Apache Lucene

from Wikipedia, the free encyclopedia
Apache Lucene

Lucene logo green.svg
Basic data

developer Apache Software Foundation
Current  version 8.5.2
( May 26, 2020 )
operating system Platform independence
programming language Java
category Program library
License Apache license
German speaking No
lucene.apache.org

Apache Lucene is a program library for full-text search . Lucene is free software and a project of the Apache Software Foundation .

Lucene is used by Wikipedia (only directly, since 2014 via Elasticsearch ) . Twitter in particular provides an example of Lucene's performance and scalability .

history

Lucene was developed by Doug Cutting and was initially available through SourceForge since 1997 . The name Lucene is the middle name of Doug Cutting's wife.

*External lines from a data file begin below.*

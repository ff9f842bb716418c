-- ===== src/Dram/Index/Prefix.antt =====
-- internal/store/dram/index.go: what ExistsPrefix answers.
use kvstash.Prelude.{
  ℕ, ◌+◌, ◌≡◌, ◌∙◌, refl, ap, Bool, true, false, Bool-cases, inl, inr, none, some, List, [], ◌∷◌,
  map, if◌then◌else◌,
}
use kvstash.Dram.Index.{Index, present, index_get, probe, exists_prefix}

-- The number of hits in front of the first miss.
pub leading : List Bool → ℕ
leading [] = 0
leading (hit ∷ hits) = if hit then leading hits + 1 else 0

module _ {A : Type 0} (shard_of : ℕ → ℕ) (idx : Index A) where
  pub hits : List ℕ → List Bool
  hits keys = map (λ k. present (index_get shard_of idx k)) keys

  probe-leading :
      (keys : List ℕ) (done bitmap : Bool)
      → (probe shard_of idx keys done bitmap).0 ≡ (if done then 0 else leading (hits keys))
  unfolding probe leading hits
  probe-leading [] false bitmap = refl
  probe-leading [] true bitmap = refl
  probe-leading (k ∷ ks) true false = refl
  probe-leading (k ∷ ks) true true = elim (Bool-cases (present (index_get shard_of idx k))) [
    | inl p ↦ rw p (probe-leading ks true true)
    | inr p ↦ rw p (probe-leading ks true true)
  ]
  probe-leading (k ∷ ks) false bitmap = elim (Bool-cases (present (index_get shard_of idx k))) [
    | inl p ↦ rw p (ap (λ n. n + 1) (probe-leading ks false bitmap))
    | inr p ↦ rw p (probe-leading ks true bitmap)
  ]

  probe-hits : (keys : List ℕ) (done : Bool) → (probe shard_of idx keys done true).1 ≡ hits keys
  unfolding probe hits
  probe-hits [] done = refl
  probe-hits (k ∷ ks) false = ap (λ r. present (index_get shard_of idx k) ∷ r) (probe-hits ks _)
  probe-hits (k ∷ ks) true = ap (λ r. present (index_get shard_of idx k) ∷ r) (probe-hits ks _)

  -- On an index that no call changes meanwhile, ExistsPrefix counts the keys in front of the first that is missing, with the bitmap or without it, although
  -- without it the walk stops there; with it every key's presence is reported, and without it none.
  pub exists_prefix-leading :
      (keys : List ℕ) (bitmap : Bool)
      → exists_prefix shard_of idx keys bitmap
        ≡ (leading (hits keys), if bitmap then some (hits keys) else none)
  unfolding exists_prefix
  exists_prefix-leading keys true =
      ap (λ n. (n, some (probe shard_of idx keys false true).1)) (probe-leading keys false true)
      ∙ ap (λ b. (leading (hits keys), some b)) (probe-hits keys false)
  exists_prefix-leading keys false = ap (λ n. (n, none)) (probe-leading keys false false)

In 2001 Lucene became part of the Jakarta Project and in 2005 a major project of the Apache Software Foundation. The Apache Lucene project occasionally gives rise to separately continued projects.

Projects based on Lucene

Lucene Core

The core of the project Lucene, Lucene Core or Lucene for short , formerly also called Lucene Java , is a program library that is written in the Java programming language .
On the one hand, Lucene creates an index of files that is about a quarter of the volume of the indexed files. On the other hand, Lucene then provides search results with a ranking list, for which several search algorithms are available.

Lucene.Net

Lucene.Net is a translation by Lucene into the programming language C # with adaptation of the programming interface to the .NET platform.

Lucy

Lucy is a port from Lucene to the C programming language for language connections to dynamic programming languages such as Perl .

PyLucene

PyLucene is an extension of Python to include a wrapper with a Java runtime environment for Lucene.

Droids

Droids is a framework for bots / crawlers . The Droids project ended on November 1st, 2015.

Solr

Solr is a Lucene based standalone implementation of a search server. Solr was originally developed by CNET and called Solar. The name was an abbreviation for Search on Lucene and Resin . The Solr download includes a configuration with Jetty as an example . Solr includes a REST-like API. Solr communicates using the Hypertext Transfer Protocol . Using HTTP POST, various file formats from XML to JSON to PDF can be recorded and documents can also be created. Queries are made using HTTP GET.

Tika

Tika used to belong to the Lucene project, is used by Solr and is a parser . It extracts metadata or structured text from a range of document formats using specialized (if possible, existing) libraries such as Apache PDFBox or Apache POI , which are uniformly addressed via Tika and can be selected automatically.

Nutch

Nutch used to be part of the Lucene project and is based on Solr .

Outside the project, other Lucene derivatives were created.

functionality

Lucene uses the Tf-idf measure and vector space retrieval to evaluate search hits.

literature

  • Manfred Hardt, Fabian Theis: Developing search engines with Apache Lucene. Developer. Press, 2004.
  • Erik Hatcher et al .: Lucene in Action. Manning, 2005 (about Lucene 1.4), 2nd ed. 2010 (about Lucene 3.0).
  • Florian Hopf: Flexible search with Lucene. In: Java aktuell. Issue 4-2013, p. 31 ff.

Web links

Individual evidence

  1. 26 May 2020 - Apache Lucene ™ 8.5.2 available . (accessed on July 5, 2020).
  2. Twitter Engineering: Twitter Search is Now 3x Faster . Twitter. April 6, 2011. Retrieved September 5, 2015.
  3. ^ Ten years of the Lucene search engine at Apache . Hot. September 27, 2011. Retrieved January 6, 2012.
  4. LuceneFAQ . Apache Software Foundation. Retrieved January 6, 2012.
  5. Apache Lucene Features . Apache Software Foundation. Retrieved January 6, 2012.
  6. Welcome to PyLucene . Apache Software Foundation. Retrieved January 6, 2012.
  7. Apache Droids Incubation Status - Apache Incubator. In: incubator.apache.org. Retrieved December 16, 2016 .
  8. Apache Solr -. Retrieved October 10, 2019 .
  9. FAQ - Solr Wiki . Apache Software Foundation. Retrieved January 6, 2012.
  10. Interview with Ian Holsman of Relegence (AOL) . Lucidworks. Retrieved August 31, 2015.
  11. Apache Solr Features. Retrieved October 10, 2019 .
  12. ^ Solr tutorial . Apache Software Foundation. Retrieved January 6, 2012.
  13. Lucene Implementations . Apache Software Foundation. Retrieved January 6, 2012.
  14. ^ Lucene's Practical Scoring Function. Elasticsearch: The Definitive Guide [2.x]. Elastic, accessed January 1, 2020 (American English).